Vika berusaha menahan terkejutnya, ia memutar bola mata dengan bibir ia pilin dalam-dalam. Pantas saja surelnya terasa penuh.

"Emang bener Pak Satya naksir sama lo," bisik Intan dari bahu. Vika menyingkirkan kepala perempuan itu dari bahunya, sungguh menggelikan.

Wajah-wajah keras dari rekan kerja perlahan melunak, mereka hanya bisa menundukkan kepala.

"Tapi kalian tenang saja." Satya tersenyum rapuh dan mengerjapkan mata. "Kalian masih bisa berkontak kok via laman obrolan atau ketemu langsung. Akhir kata, senang bekerja sama dan memiliki tim sesolid ini. Sekali lagi, saya terima kasih." Satya membungkukkan badan hingga sembilan puluh derajat.

Beberapa rekan kerja menyalami Satya dan buru-buru minta maaf karena sudah menjelekkan namanya, dan Satya tentu saja memaafkan mereka semua. Begitu sampai pada Vika, ia menempelkan kepala di telinganya. "Jaga kantor, Vik. Siap-siap lo yang mengisi jabatan gue setelah ini."

Tidak cukup dengan kejutan yang bikin beban kerja bertambah, promosi yang ia impikan dari dulu hadir di depan mata. Promosi ketiga yang ia dapat selama lima tahun kerja di perusahaan makanan terbesar se-Indonesia. Ternyata bermain itu menyenangkan.

"Baik, Pak," respon Vika ketika Satya sudah di hadapannya.

"Bagus, gue percaya sama lo." Tangan Satya menepuk pelan bahu rekan kerja yang sudah bersamanya selama lima tahun belakangan.

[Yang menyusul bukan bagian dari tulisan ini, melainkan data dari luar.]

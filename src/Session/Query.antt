-- ===== src/Session/Query.antt =====
-- Queries for at most one row, and what they tell of the rows.
use mathlib.Core.List.Memᴰ
use orchestract.Common.{
  ◌≤◌, ◌≡◌, refl, sym, ◌∙◌, subst, ◌⊎◌, inl, inr, Bool, true, false, Option, none, some, List, Memᴰ,
  arith, List-cases, filter, mem-filter, filter-eq-nil, ok,
}
use orchestract.Session.{count, scalar_one_or_none}

-- What a query for one row at most says of the number of rows.
pub scalar-count {ℓ} :
    {A : Type ℓ} (p : A → Bool) (xs : List A) (o : Option A)
    → scalar_one_or_none (filter p xs) ≡ ok o
    → ((o ≡ none) × (count p xs ≡ 0))
      ⊎ ((a : A) × (o ≡ some a) × (count p xs ≡ 1) × Memᴰ a xs × (p a ≡ true))
unfolding scalar_one_or_none count
scalar-count p xs o h = elim (List-cases (filter p xs)) [
  | inl e ↦ inl (ground arith, rw e)
  | inr (a, rest, e) ↦ elim (List-cases rest) [
    | inr (b, more, e') ↦ absurd (ground arith)
    | inl e' ↦
        let (m, q) = (mem-filter p a xs).0 (subst (Memᴰ a) (sym e) (Memᴰ.head refl)) in
        inr (a, ground arith, rw (e, e'), m, q)
  ]
]

-- No row that passes is among none.
pub zero-count {ℓ} :
    {A : Type ℓ} (p : A → Bool) {a : A} {xs : List A} → Memᴰ a xs → count p xs ≡ 0 → p a ≡ false
unfolding count
zero-count p {a} {xs} m z = elim (List-cases (filter p xs)) [
  | inl e ↦ (filter-eq-nil p xs).0 e a m
  | inr (b, rest, e) ↦ absurd (ground arith)
]

-- Where a query for one row succeeds, any row that passes the test is that row.
pub scalar-same {ℓ} :
    {A : Type ℓ} (p : A → Bool) (xs : List A) (a b : A)
    → scalar_one_or_none (filter p xs) ≡ ok (some b)
    → Memᴰ a xs
    → p a ≡ true
    → a ≡ b
unfolding scalar_one_or_none
scalar-same p xs a b h m q = elim (List-cases (filter p xs)) [
  | inl e ↦ absurd (ground arith)
  | inr (c, rest, e) ↦ elim (List-cases rest) [
    | inr (d, more, f) ↦ absurd (ground arith)
    | inl f ↦
        let kept = subst (Memᴰ a) e ((mem-filter p a xs).1 (m, q)) in
        let is_b : c ≡ b = ground arith in
        elim (Memᴰ.cases_cons kept) [
          | inl g ↦ g ∙ is_b
          | inr k ↦ absurd (Memᴰ.not-nil (subst (Memᴰ a) f k))
        ]
  ]
]

-- A row that passes is found if it is the only one.
pub scalar-one {ℓ} :
    {A : Type ℓ} (p : A → Bool) (xs : List A) (a : A)
    → count p xs ≡ 1
    → Memᴰ a xs
    → p a ≡ true
    → scalar_one_or_none (filter p xs) ≡ ok (some a)
unfolding scalar_one_or_none count
scalar-one p xs a one m q = elim (List-cases (filter p xs)) [
  | inl e ↦ absurd (ground arith)
  | inr (b, rest, e) ↦ elim (List-cases rest) [
    | inr (d, more, f) ↦ absurd (ground arith)
    | inl f ↦
        let kept = subst (Memᴰ a) e ((mem-filter p a xs).1 (m, q)) in
        elim (Memᴰ.cases_cons kept) [
          | inl g ↦ ground arith
          | inr k ↦ absurd (Memᴰ.not-nil (subst (Memᴰ a) f k))
        ]
  ]
]

-- No row is found if none passes.
pub scalar-none {ℓ} :
    {A : Type ℓ} (p : A → Bool) (xs : List A)
    → count p xs ≡ 0
    → scalar_one_or_none (filter p xs) ≡ ok none
unfolding scalar_one_or_none count
scalar-none p xs z = elim (List-cases (filter p xs)) [
  | inl e ↦ rw e
  | inr (b, rest, e) ↦ absurd (ground arith)
]

-- Where some row passes, at least one is counted.
pub mem-count {ℓ} :
    {A : Type ℓ} (p : A → Bool) {a : A} {xs : List A} → Memᴰ a xs → p a ≡ true → 1 ≤ count p xs
unfolding count
mem-count p {a} {xs} m q = elim (List-cases (filter p xs)) [
  | inl e ↦ absurd (ground (arith, (filter-eq-nil p xs).0 e a m))
  | inr (b, rest, e) ↦ rw e (ground arith)
]

-- A query for one row at most succeeds if no more pass.
pub scalar-total {ℓ} :
    {A : Type ℓ} (p : A → Bool) (xs : List A)
    → count p xs ≤ 1
    → (o : Option A) × (scalar_one_or_none (filter p xs) ≡ ok o)
unfolding scalar_one_or_none count
scalar-total p xs h = elim (List-cases (filter p xs)) [
  | inl e ↦ (none, rw e)
  | inr (b, rest, e) ↦ elim (List-cases rest) [
    | inl f ↦ (some b, ground arith)
    | inr (d, more, f) ↦ absurd (ground arith)
  ]
]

Semua orang mengantar Satya ke lift, tidak peduli divisi lain mengamatinya dengan pandangan aneh dari kaca serta sekretaris sampai menghentikan aktivitas teleponnya demi melihat karnaval versi kantor. Begitu lift tertutup sempurna, semua kembali ke tempat semula.

***

Walau pengangguran, rasanya benar-benar menyiksa. Satya tidak diperbolehkan berpesta sampai kasusnya selesai dengan hasil apa pun. Dia terima aja, toh perempuan-perempuan yang ia kencani minta putus dengan nada sok manja.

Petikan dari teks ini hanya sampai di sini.